L’enquêteur en chef, Julian Rademeyer, a présenté des preuves que des responsables nord-coréens ont commis des crimes, notamment le trafic de cornes de rhinocéros, d’ivoire, d’or et la contrebande d’armes et de munitions illégales.
Au cours de son enquête, il a interrogé des responsables gouvernementaux africains, des diplomates et des transfuges nord-coréens actuellement basés en Afrique australe et en Corée du Sud.
Ils ont confirmé que les ambassades de Pyongyang dans plusieurs États africains « sont intimement liées à un réseau complexe d’activités illicites visant à renforcer le régime de Kim Jong-un et à enrichir les diplomates à court d’argent », selon le rapport.
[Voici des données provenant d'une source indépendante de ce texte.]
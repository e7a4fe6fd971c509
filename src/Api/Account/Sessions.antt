-- ===== src/Api/Account/Sessions.antt =====
-- Registration, login, the session, and logout, one after the other (internal/api/auth.go, authz.go).
use text.Mathlib.TextEquality.{eq_iff}
use job_scheduling.Base.{
  ℕ, ◌+◌, ◌≤◌, ◌<◌, ◌≡◌, refl, sym, ◌∙◌, ap, subst, Bool, true, false, Option, none, some, List, [],
  ◌∷◌, String, arith, ltb, ◌==◌, find, modify, if◌then◌else◌,
}
use job_scheduling.Api.Problem.{ApiReply, done, refused, unauthorized, ◌>>=◌, require}
use job_scheduling.Api.Submit.{expect, is_empty}
use job_scheduling.Api.Binds.{done-eq, bind-done}
use job_scheduling.Api.Access.{Session, Accounts, Credentials, bearer, is_live_session, authuser}
use job_scheduling.Api.Account.{
  Secrets, key_of, hash_password, same_bytes, verify_password, User, Directory, SignIn, address,
  has_email, register, session_ttl, new_session, add_session, login, is_unrevoked, revoked, logout,
}
use job_scheduling.Api.Account.Hashes.{IsSound, verify_password-hash_password, same_bytes_refl}

-- The user that a registration leaves at the head of the table.
registered :
    (c : Secrets) (salt : List ℕ) (fresh user : ℕ) (req : SignIn) (dir dir' : Directory)
    → register c salt fresh req dir ≡ done (user, dir')
    → (user ≡ fresh)
      × (dir' ≡ record dir {
        users =
            record {
              id = fresh;
              email = address c req.email;
              hash = hash_password c salt req.password;
            }
            ∷ dir.users;
      })
unfolding register
registered c salt fresh user req dir dir' h =
    let (u, addressed, h1) = bind-done _ _ _ h in
    let (v, long, h2) = bind-done _ _ _ h1 in
    let (w, unused, h3) = bind-done _ _ _ h2 in
    let e = done-eq _ (user, dir') h3 in
    (sym (ap (λ (r : ℕ × Directory). r.0) e), sym (ap (λ (r : ℕ × Directory). r.1) e))

-- What login answers to a user at the head of the table, for the verdict on the password.
abbrev pub answer : ℕ → ℕ → ℕ → Directory → Bool → ApiReply (Session × Directory)
answer now sid user dir true =
    done (new_session now sid user, add_session (new_session now sid user) dir)
answer now sid user dir false = refused unauthorized

login-head :
    (c : Secrets) (now sid : ℕ) (req : SignIn) (u : User) (dir : Directory) (ok : Bool)
    → u.email ≡ address c req.email
    → verify_password c req.password u.hash ≡ done ok
    → login c now sid req (record dir { users = u ∷ dir.users })
      ≡ answer now sid u.id (record dir { users = u ∷ dir.users }) ok
unfolding login find ◌>>=◌
login-head c now sid req u dir ok named verified =
    let hit : has_email (address c req.email) u ≡ true =
      (eq_iff u.email (address c req.email)).1 named in
    rw (hit, verified) (decided ok)
  where
    decided :
        (b : Bool)
        → (require b unauthorized >>= λ _. done (
          new_session now sid u.id,
          add_session (new_session now sid u.id) (record dir { users = u ∷ dir.users }),
        ))
          ≡ answer now sid u.id (record dir { users = u ∷ dir.users }) b
    decided true = refl
    decided false = refl

-- A session that has been revoked is found under no other row, where its id is new.
gone :
    (late sid : ℕ) (rows : List Session)
    → find (λ s. s.id == sid) rows ≡ none
    → find (is_live_session late sid) rows ≡ none
unfolding find is_live_session
gone late sid [] h = refl
gone late sid (s ∷ rows) h = ground (arith, gone late sid rows)

authuser-known :
    (parse : String → Option ℕ) (late sid : ℕ) (acc : Accounts) (cred : Credentials)
    → is_empty (bearer cred) ≡ false
    → parse (bearer cred) ≡ some sid
    → authuser parse late acc cred
      ≡ expect (find (is_live_session late sid) acc.sessions) unauthorized
unfolding authuser ◌>>=◌
authuser-known parse late sid acc cred h k = rw (h, k) refl

-- The directory after a login.
abbrev pub signed_in : ℕ → ℕ → ℕ → Directory → Directory
signed_in now sid user dir = add_session (new_session now sid user) dir

live :
    (now sid user late : ℕ) (rows : List Session)
    → find (is_live_session late sid) (new_session now sid user ∷ rows) ≡ (
        if ltb late (now + session_ttl)
        then some (new_session now sid user)
        else find (is_live_session late sid) rows)
unfolding find is_live_session
live now sid user late rows = let same : (sid == sid) ≡ true = ground arith in rw same refl

revoked_away :
    (now sid user at late : ℕ) (rows : List Session)
    → find (λ s. s.id == sid) rows ≡ none
    → find
        (is_live_session late sid)
        (modify (is_unrevoked sid) (revoked at) (new_session now sid user ∷ rows))
      ≡ none
unfolding find modify is_live_session
revoked_away now sid user at late rows h =
    let same : (sid == sid) ≡ true = ground arith in rw (same, same) (gone late sid rows h)

login-registered :
    (c : Secrets) (salt : List ℕ) (fresh user now sid : ℕ) (req req' : SignIn)
    (dir dir' : Directory)
    → IsSound c
    → register c salt fresh req dir ≡ done (user, dir')
    → address c req'.email ≡ address c req.email
    → login c now sid req' dir'
      ≡ answer now sid user dir'
          (same_bytes (key_of c salt req'.password) (key_of c salt req.password))
login-registered c salt fresh user now sid req req' dir dir' sound h same =
    let (id, after) = registered c salt fresh user req dir dir' h in
    let u : User = record {
      id = fresh;
      email = address c req.email;
      hash = hash_password c salt req.password;
    } in
    let ok = same_bytes (key_of c salt req'.password) (key_of c salt req.password) in
    let at_head =
      login-head c now sid req' u dir ok (sym same)
        (verify_password-hash_password c salt req.password req'.password sound) in
    subst (λ d. login c now sid req' d ≡ answer now sid user d ok) (sym after)
      (subst
        (λ i.
          login c now sid req' (record dir { users = u ∷ dir.users })
          ≡ answer now sid i (record dir { users = u ∷ dir.users }) ok)
        (sym id) at_head)

-- After a registration, a login under the same address, whatever its case and the blanks around it,
-- is answered by the password: it is let in exactly where argon2 derives the key of the
-- registered one from it, and the registered one itself is. A login that is let in makes a session
-- of the registered user, under an id that no session has. A request whose token is that id then
-- comes from that session until thirty days after the login and from nobody after that; and once
-- the session has logged out, from nobody. Argon2's keys have the length that is asked for, base64
-- reads back what it writes, and it writes no dollar sign.
pub sign_in_lem :
    (c : Secrets) (salt : List ℕ) (parse : String → Option ℕ) (cred : Credentials)
    (req req' : SignIn) (dir dir' : Directory) (fresh user now sid at early late : ℕ)
    → IsSound c
    → register c salt fresh req dir ≡ done (user, dir')
    → address c req'.email ≡ address c req.email
    → find (λ s. s.id == sid) dir'.accounts.sessions ≡ none
    → is_empty (bearer cred) ≡ false
    → parse (bearer cred) ≡ some sid
    → early < now + session_ttl
    → now + session_ttl ≤ late
    → (login c now sid req' dir'
        ≡ answer now sid user dir'
            (same_bytes (key_of c salt req'.password) (key_of c salt req.password)))
      × (login c now sid req dir' ≡ done (new_session now sid user, signed_in now sid user dir'))
      × (authuser parse early (signed_in now sid user dir').accounts cred
          ≡ done (new_session now sid user))
      × (authuser parse late (signed_in now sid user dir').accounts cred ≡ refused unauthorized)
      × (authuser parse early (logout at sid (signed_in now sid user dir')).accounts cred
          ≡ refused unauthorized)
unfolding logout
sign_in_lem c salt parse cred req req' dir dir' fresh user now sid at early late sound h same new
      told known soon over =
    let before : ltb early (now + session_ttl) ≡ true = ground arith in
    let past : ltb late (now + session_ttl) ≡ false = ground arith in
    let rows = dir'.accounts.sessions in
    let asks = λ (t : ℕ) (acc : Accounts). authuser-known parse t sid acc cred told known in
    let away : find (is_live_session late sid) rows ≡ none = gone late sid rows new in
    (
      login-registered c salt fresh user now sid req req' dir dir' sound h same,
      login-registered c salt fresh user now sid req req dir dir' sound h refl
          ∙ ap (answer now sid user dir') (same_bytes_refl (key_of c salt req.password)),
      asks early _ ∙ rw (live now sid user early rows, before) refl,
      asks late _ ∙ rw (live now sid user late rows, past, away) refl,
      asks early _ ∙ rw (revoked_away now sid user at early rows new) refl,
    )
M. Rademeyer a cité un transfuge nord-coréen qui dirigeait une société écran de Pyongyang à Pékin : « Des diplomates […] arrivaient d’Afrique, chargés de cornes de rhinocéros, d’ivoire et de pépites d’or. Chaque ambassade [en Afrique] venait deux ou trois fois par an. »
Il a fait référence à un cas survenu en mai 2015, lorsque Pak Chol-jun, alors « conseiller politique » de la Corée du Nord à son ambassade à Pretoria, a été arrêté à Maputo, la capitale du Mozambique.
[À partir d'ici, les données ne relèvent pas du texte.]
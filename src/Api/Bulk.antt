-- ===== src/Api/Bulk.antt =====
-- Batches: submitBatch of internal/api/jobs.go, and getBatch of batches.go.
pub mod Counting
pub mod Starting
pub mod Submitting
use job_scheduling.Base.{
  ℕ, suc, ◌+◌, Bool, true, false, not, ◌&&◌, ◌||◌, Option, none, some, List, [], ◌∷◌, ◌++◌, String,
  ltb, leb, ◌==◌, if◌then◌else◌, find, count, length, map, exists,
}
use job_scheduling.Store.{
  Job, Queue, Db, Status, scheduled, queued, claimed, running, completed, retry_wait, dead_letter,
  cancelled, is_terminal, is_queued, same_status, check_violation, EventPayload, batch_submitted,
}
use job_scheduling.Jobs.Admit.{is_queue}
use job_scheduling.Jobs.Start.{event}
use job_scheduling.Scheduler.Cron.{same_id}
use job_scheduling.Api.Problem.{
  ApiReply, done, refused, bad_request, too_many, not_found, database, no_rows, ◌>>=◌, ◌>>◌,
  require,
}
use job_scheduling.Api.Submit.{
  SubmitReq, Libraries, Call, Draft, new_job, or_else, expect, is_empty, depth_of,
}

-- A job of the batch as the loop reads it.
unfoldable pub read_item : Libraries → ℕ → ℕ → SubmitReq → ApiReply Draft
read_item lib policy priority req = do
  let kind = lib.trim req.kind
  require (not (is_empty kind)) (bad_request "each job requires a type")
  let payload = if is_empty req.payload then "{}" else req.payload
  require (lib.json_valid payload) (bad_request "a job payload is not valid json")
  done (record {
    kind = kind;
    payload = payload;
    priority = or_else req.priority priority;
    timeout_ms = or_else req.timeout_ms 300000;
    policy = policy;
    run_at = req.run_at;
  })

-- The loop of submitBatch.
unfoldable pub read_items : Libraries → ℕ → ℕ → List SubmitReq → ApiReply (List Draft)
unfolding read_item
read_items lib policy priority [] = done []
read_items lib policy priority (req ∷ reqs) = read_item lib policy priority req >>= λ d.
    read_items lib policy priority reqs >>= λ ds. done (d ∷ ds)

-- Every job of a batch counts against the cap, also one for later.
unfoldable pub check_batch_depth : Option ℕ → ℕ → ℕ → Db → ApiReply (Unit {0})
check_batch_depth none n q db = done tt
check_batch_depth (some most) n q db =
    require (leb (depth_of q db.jobs + n) most) (too_many "queue depth cap reached" 1)

-- insertBatchSQL: a row, under the `i`-th id that Postgres makes.
unfoldable pub batch_job : (ℕ → ℕ) → Call → ℕ → ℕ → Draft → Job
unfolding new_job
batch_job fresh call batch i d = record (new_job d call 0) { id = fresh i; batch = some batch }

unfoldable pub batch_jobs : (ℕ → ℕ) → Call → ℕ → ℕ → List Draft → List Job
unfolding batch_job
batch_jobs fresh call batch i [] = []
batch_jobs fresh call batch i (d ∷ ds) =
    batch_job fresh call batch i d ∷ batch_jobs fresh call batch (suc i) ds

-- What the response says.
pub record BatchView : Type 0 where
  pub batch : ℕ
  pub count : ℕ
  pub jobs : List ℕ

-- submitBatch; `batch` is uuid.New(). The transaction is read committed and takes no lock on the
-- queue: `seen` is the database as the statement that counts the waiting jobs saw it, `db` the one
-- that the jobs are inserted into. Where it refuses, the transaction is rolled back.
unfoldable pub submit_batch :
    Libraries → (ℕ → ℕ) → ℕ → List SubmitReq → Call → Db → Db → ApiReply (BatchView × Db)
unfolding read_items check_batch_depth batch_jobs
submit_batch lib fresh batch reqs call seen db = do
  require (ltb 0 (length reqs)) (bad_request "jobs required")
  require (leb (length reqs) 1000) (bad_request "batch limited to 1000 jobs")
  qr ← expect (find (is_queue call.queue) db.queues) no_rows
  check_batch_depth qr.max_depth (length reqs) call.queue seen
  drafts ← read_items lib qr.policy qr.default_priority reqs
  let rows = batch_jobs fresh call batch 0 drafts
  require (not (exists (λ j. j.timeout_ms == 0) rows)) (database check_violation)
  done (
    record { batch = batch; count = length rows; jobs = map (λ j. j.id) rows },
    record db {
      jobs = rows ++ db.jobs;
      events =
          db.events
          ++ event batch_submitted batch call.project (EventPayload.count_is (length rows)) ∷ [];
    },
  )

abbrev pub in_batch : ℕ → Job → Bool
in_batch batch j = same_id j.batch batch

abbrev pub with_status : ℕ → Status → Job → Bool
with_status batch s j = in_batch batch j && same_status j.status s

abbrev pub all_statuses : List Status
all_statuses =
    scheduled ∷ queued ∷ claimed ∷ running ∷ completed ∷ retry_wait ∷ dead_letter ∷ cancelled ∷ []

-- batchCountsSQL: a row for each status that a job of the batch has.
unfoldable pub status_counts : ℕ → List Status → List Job → List (Status × ℕ)
status_counts batch [] jobs = []
status_counts batch (s ∷ ss) jobs =
    let n = count (with_status batch s) jobs in
    let rest = status_counts batch ss jobs in if n == 0 then rest else (s, n) ∷ rest

-- The loop of getBatch: `total` and `done`.
unfoldable pub tally : List (Status × ℕ) → ℕ × ℕ
tally [] = (0, 0)
tally ((s, n) ∷ rows) =
    let (total, ended) = tally rows in (total + n, if is_terminal s then ended + n else ended)

pub record BatchStatus : Type 0 where
  pub total : ℕ
  pub ended : ℕ  -- "done"
  pub complete : Bool
  pub counts : List (Status × ℕ)

unfoldable pub batch_view : List (Status × ℕ) → ℕ × ℕ → ApiReply BatchStatus
batch_view counts (total, ended) =
    if total == 0
    then refused (not_found "batch")
    else done (record { total = total; ended = ended; complete = ended == total; counts = counts })

-- getBatch.
unfoldable pub get_batch : ℕ → Db → ApiReply BatchStatus
unfolding status_counts tally batch_view
get_batch batch db =
    let counts = status_counts batch all_statuses db.jobs in batch_view counts (tally counts)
La police a trouvé des cornes de rhinocéros et près de 100.000 dollars en espèces dans le véhicule de M. Pak.
M. Rademeyer a écrit que la police mozambicaine a arrêté M. Pak et un complice présumé, mais ils ont été libérés plus tard et ont continué leur voyage de retour vers Pretoria.
Olandu Mudumani, porte-parole de la police de Maputo, a déclaré que les deux hommes avaient été libérés sous caution fixée à 30.000 dollars, selon un article de l’UPI de l’époque. On ignore s’ils ont payé 30.000 dollars chacun ou au total.
Le gouvernement sud-africain a ensuite informé l’ambassade que M. Pak n’était plus le bienvenu, et il a quitté le pays en décembre, selon le rapport de M. Rademeyer.
M. Rademeyer a informé Epoch Times que les syndicats du crime nord-coréens restaient actifs en Afrique.
Selon M. Thomas, Pyongyang « change régulièrement de responsables, peut-être pour les mettre à l’abri de poursuites judiciaires et pour brouiller les pistes des forces de l’ordre ».
Selon M. Van der Hoog, les relations entre la Corée du Nord et les pays africains sont souvent régies par des impératifs de survie mutuelle.
« Le gouvernement de Kim Jong-un a besoin d’argent et, en raison des sanctions, le meilleur moyen de s’en procurer est de recourir à la criminalité », a-t-il expliqué. « Dans le même temps, les anciens mouvements de libération en Afrique, dont certains truquent les élections en raison de leur impopularité, veulent rester au pouvoir à tout prix, et l’argent de la Corée du Nord finance leurs partis politiques. »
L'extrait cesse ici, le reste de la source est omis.